**EXERCISE PROMPT**
Set the data down once more, exactly as it is written.
─── SUPPLIED RECORDS ───
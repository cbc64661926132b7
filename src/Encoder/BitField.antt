-- ===== src/Encoder/BitField.antt =====
-- Bit fields and shifts by an immediate: encoders/opt_create_ubfx.cpp, opt_create_sbfx.cpp and
-- opt_create_asr_imm.cpp, create_lsl_imm.cpp and opt_create_lsl_imm.cpp.
pub mod Decode
pub mod Shift
use bcpl.Prelude.{
  ℕ, ◌+◌, ◌-◌, ◌%◌, Bool, true, false, not, ◌||◌, same, ◌++◌, Text, codes, if◌then◌else◌, Result,
  ok, invalid_argument, ◌>>=◌, ◌>>◌, throw_if,
}
use bcpl.Prelude.Int.{ℤ, pos, pos_part, neg_part, ltb_ℤ, sub_ℕ, wrap}
use bcpl.Prelude.Decimal.{to_string}
use bcpl.BitPatcher.{patch}
use bcpl.Instruction.{Instruction, instruction, OpType}
use bcpl.Encoder.Registers.{get_reg_encoding}
use bcpl.Encoder.Operands.{parse_two, patch_sf}
use bcpl.Encoder.Branch.{starts_with_x}

abbrev pub datasize : Bool → ℕ
datasize is_64bit = if is_64bit then 64 else 32

-- a + b of two `int`s.
abbrev pub add_ℤ : ℤ → ℤ → ℤ
add_ℤ a b = sub_ℕ (pos_part a + pos_part b) (neg_part a + neg_part b)

-- `value < 0 || value >= datasize`
abbrev pub not_position : Bool → ℤ → Bool
not_position is_64bit value = ltb_ℤ value (pos 0) || not (ltb_ℤ value (pos (datasize is_64bit)))

-- `width < 1 || (lsb + width) > datasize`
abbrev pub not_width : Bool → ℤ → ℤ → Bool
not_width is_64bit lsb width =
    ltb_ℤ width (pos 1) || ltb_ℤ (pos (datasize is_64bit)) (add_ℤ lsb width)

-- The patches of the three files. The two immediates are `uint32_t`s.
unfoldable pub patch_bit_field : ℕ → Bool → ℕ → ℕ → ℕ → ℕ → Result ℕ
unfolding patch_sf
patch_bit_field base is_64bit immr_val imms_val rn_num rd_num = do
  sized ← patch_sf is_64bit base
  with_n ← patch sized (if is_64bit then 1 else 0) (pos 22) (pos 1)
  with_immr ← patch with_n immr_val (pos 16) (pos 6)
  with_imms ← patch with_immr imms_val (pos 10) (pos 6)
  with_rn ← patch with_imms rn_num (pos 5) (pos 5)
  patch with_rn rd_num (pos 0) (pos 5)

unfoldable pub finish_bit_field : OpType → Text → Text → ℤ → ℕ → Text → Result Instruction
finish_bit_field op xd xn immediate word text = do
  dest ← get_reg_encoding xd
  src1 ← get_reg_encoding xn
  ok (record (instruction word text) {
    opcode = op;
    dest_reg = pos dest;
    src_reg1 = pos src1;
    immediate = immediate;
    uses_immediate = true;
  })

-- UBFX and SBFX differ in their base opcode and their name.
unfoldable pub extract_bit_field : ℕ → OpType → Text → Text → Text → ℤ → ℤ → Result Instruction
unfolding patch_bit_field finish_bit_field
extract_bit_field base op mnemonic xd xn lsb width = do
  rd_num ← get_reg_encoding xd
  rn_num ← get_reg_encoding xn
  let is_64bit = starts_with_x xd
  throw_if (not (same is_64bit (starts_with_x xn))) invalid_argument
  throw_if (not_position is_64bit lsb) invalid_argument
  throw_if (not_width is_64bit lsb width) invalid_argument
  let last = wrap 32 (sub_ℕ (pos_part (add_ℤ lsb width)) (neg_part (add_ℤ lsb width) + 1))
  word ← patch_bit_field base is_64bit (wrap 32 lsb) last rn_num rd_num
  finish_bit_field op xd xn lsb word (
      mnemonic
      ++ (codes " "
          ++ (xd
              ++ (codes ", "
                  ++ (xn
                      ++ (codes ", #" ++ (to_string lsb ++ (codes ", #" ++ to_string width))))))))

unfoldable pub opt_create_ubfx : Text → Text → ℤ → ℤ → Result Instruction
unfolding extract_bit_field
opt_create_ubfx = extract_bit_field 0x53000000 OpType.ubfx (codes "UBFX")

unfoldable pub opt_create_sbfx : Text → Text → ℤ → ℤ → Result Instruction
unfolding extract_bit_field
opt_create_sbfx = extract_bit_field 0x13000000 OpType.sbfx (codes "SBFX")

unfoldable pub opt_create_asr_imm : Text → Text → ℤ → Result Instruction
unfolding patch_bit_field finish_bit_field
opt_create_asr_imm xd xn shift_amount = do
  rd_num ← get_reg_encoding xd
  rn_num ← get_reg_encoding xn
  let is_64bit = starts_with_x xd
  throw_if (not (same is_64bit (starts_with_x xn))) invalid_argument
  throw_if (not_position is_64bit shift_amount) invalid_argument
  word ←
      patch_bit_field 0x13000000 is_64bit (wrap 32 shift_amount) (datasize is_64bit - 1) rn_num
        rd_num
  finish_bit_field OpType.asr xd xn shift_amount word
      (codes "ASR " ++ (xd ++ (codes ", " ++ (xn ++ (codes ", #" ++ to_string shift_amount)))))

-- The two files create_lsl_imm.cpp and opt_create_lsl_imm.cpp have one body.
unfoldable pub shift_left : Text → Text → ℤ → Result Instruction
unfolding patch_bit_field finish_bit_field parse_two
shift_left xd xn shift_amount = do
  t ← parse_two 30 xd xn
  throw_if (not_position t.sf shift_amount) invalid_argument
  let immr = (datasize t.sf - pos_part shift_amount) % datasize t.sf
  word ← patch_bit_field 0x53000000 t.sf immr (datasize t.sf - 1 - pos_part shift_amount) t.rn t.rd
  finish_bit_field OpType.lsl xd xn shift_amount word
      (codes "LSL " ++ (xd ++ (codes ", " ++ (xn ++ (codes ", #" ++ to_string shift_amount)))))

unfoldable pub create_lsl_imm : Text → Text → ℤ → Result Instruction
unfolding shift_left
create_lsl_imm = shift_left

unfoldable pub opt_create_lsl_imm : Text → Text → ℤ → Result Instruction
unfolding shift_left
opt_create_lsl_imm = shift_left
───
**OUTPUT FOR THIS TASK**
repository cbc64661926132b7
filename src/Encoder/BitField.antt
-- ===== src/Encoder/BitField.antt =====
-- Bit fields and shifts by an immediate: encoders/opt_create_ubfx.cpp, opt_create_sbfx.cpp and
-- opt_create_asr_imm.cpp, create_lsl_imm.cpp and opt_create_lsl_imm.cpp.
pub mod Decode
pub mod Shift
use bcpl.Prelude.{
  ℕ, ◌+◌, ◌-◌, ◌%◌, Bool, true, false, not, ◌||◌, same, ◌++◌, Text, codes, if◌then◌else◌, Result,
  ok, invalid_argument, ◌>>=◌, ◌>>◌, throw_if,
}
use bcpl.Prelude.Int.{ℤ, pos, pos_part, neg_part, ltb_ℤ, sub_ℕ, wrap}
use bcpl.Prelude.Decimal.{to_string}
use bcpl.BitPatcher.{patch}
use bcpl.Instruction.{Instruction, instruction, OpType}
use bcpl.Encoder.Registers.{get_reg_encoding}
use bcpl.Encoder.Operands.{parse_two, patch_sf}
use bcpl.Encoder.Branch.{starts_with_x}

abbrev pub datasize : Bool → ℕ
datasize is_64bit = if is_64bit then 64 else 32

-- a + b of two `int`s.
abbrev pub add_ℤ : ℤ → ℤ → ℤ
add_ℤ a b = sub_ℕ (pos_part a + pos_part b) (neg_part a + neg_part b)

-- `value < 0 || value >= datasize`
abbrev pub not_position : Bool → ℤ → Bool
not_position is_64bit value = ltb_ℤ value (pos 0) || not (ltb_ℤ value (pos (datasize is_64bit)))

-- `width < 1 || (lsb + width) > datasize`
abbrev pub not_width : Bool → ℤ → ℤ → Bool
not_width is_64bit lsb width =
    ltb_ℤ width (pos 1) || ltb_ℤ (pos (datasize is_64bit)) (add_ℤ lsb width)

-- The patches of the three files. The two immediates are `uint32_t`s.
unfoldable pub patch_bit_field : ℕ → Bool → ℕ → ℕ → ℕ → ℕ → Result ℕ
unfolding patch_sf
patch_bit_field base is_64bit immr_val imms_val rn_num rd_num = do
  sized ← patch_sf is_64bit base
  with_n ← patch sized (if is_64bit then 1 else 0) (pos 22) (pos 1)
  with_immr ← patch with_n immr_val (pos 16) (pos 6)
  with_imms ← patch with_immr imms_val (pos 10) (pos 6)
  with_rn ← patch with_imms rn_num (pos 5) (pos 5)
  patch with_rn rd_num (pos 0) (pos 5)

unfoldable pub finish_bit_field : OpType → Text → Text → ℤ → ℕ → Text → Result Instruction
finish_bit_field op xd xn immediate word text = do
  dest ← get_reg_encoding xd
  src1 ← get_reg_encoding xn
  ok (record (instruction word text) {
    opcode = op;
    dest_reg = pos dest;
    src_reg1 = pos src1;
    immediate = immediate;
    uses_immediate = true;
  })

-- UBFX and SBFX differ in their base opcode and their name.
unfoldable pub extract_bit_field : ℕ → OpType → Text → Text → Text → ℤ → ℤ → Result Instruction
unfolding patch_bit_field finish_bit_field
extract_bit_field base op mnemonic xd xn lsb width = do
  rd_num ← get_reg_encoding xd
  rn_num ← get_reg_encoding xn
  let is_64bit = starts_with_x xd
  throw_if (not (same is_64bit (starts_with_x xn))) invalid_argument
  throw_if (not_position is_64bit lsb) invalid_argument
  throw_if (not_width is_64bit lsb width) invalid_argument
  let last = wrap 32 (sub_ℕ (pos_part (add_ℤ lsb width)) (neg_part (add_ℤ lsb width) + 1))
  word ← patch_bit_field base is_64bit (wrap 32 lsb) last rn_num rd_num
  finish_bit_field op xd xn lsb word (
      mnemonic
      ++ (codes " "
          ++ (xd
              ++ (codes ", "
                  ++ (xn
                      ++ (codes ", #" ++ (to_string lsb ++ (codes ", #" ++ to_string width))))))))

unfoldable pub opt_create_ubfx : Text → Text → ℤ → ℤ → Result Instruction
unfolding extract_bit_field
opt_create_ubfx = extract_bit_field 0x53000000 OpType.ubfx (codes "UBFX")

unfoldable pub opt_create_sbfx : Text → Text → ℤ → ℤ → Result Instruction
unfolding extract_bit_field
opt_create_sbfx = extract_bit_field 0x13000000 OpType.sbfx (codes "SBFX")

unfoldable pub opt_create_asr_imm : Text → Text → ℤ → Result Instruction
unfolding patch_bit_field finish_bit_field
opt_create_asr_imm xd xn shift_amount = do
  rd_num ← get_reg_encoding xd
  rn_num ← get_reg_encoding xn
  let is_64bit = starts_with_x xd
  throw_if (not (same is_64bit (starts_with_x xn))) invalid_argument
  throw_if (not_position is_64bit shift_amount) invalid_argument
  word ←
      patch_bit_field 0x13000000 is_64bit (wrap 32 shift_amount) (datasize is_64bit - 1) rn_num
        rd_num
  finish_bit_field OpType.asr xd xn shift_amount word
      (codes "ASR " ++ (xd ++ (codes ", " ++ (xn ++ (codes ", #" ++ to_string shift_amount)))))

-- The two files create_lsl_imm.cpp and opt_create_lsl_imm.cpp have one body.
unfoldable pub shift_left : Text → Text → ℤ → Result Instruction
unfolding patch_bit_field finish_bit_field parse_two
shift_left xd xn shift_amount = do
  t ← parse_two 30 xd xn
  throw_if (not_position t.sf shift_amount) invalid_argument
  let immr = (datasize t.sf - pos_part shift_amount) % datasize t.sf
  word ← patch_bit_field 0x53000000 t.sf immr (datasize t.sf - 1 - pos_part shift_amount) t.rn t.rd
  finish_bit_field OpType.lsl xd xn shift_amount word
      (codes "LSL " ++ (xd ++ (codes ", " ++ (xn ++ (codes ", #" ++ to_string shift_amount)))))

unfoldable pub create_lsl_imm : Text → Text → ℤ → Result Instruction
unfolding shift_left
create_lsl_imm = shift_left

unfoldable pub opt_create_lsl_imm : Text → Text → ℤ → Result Instruction
unfolding shift_left
opt_create_lsl_imm = shift_left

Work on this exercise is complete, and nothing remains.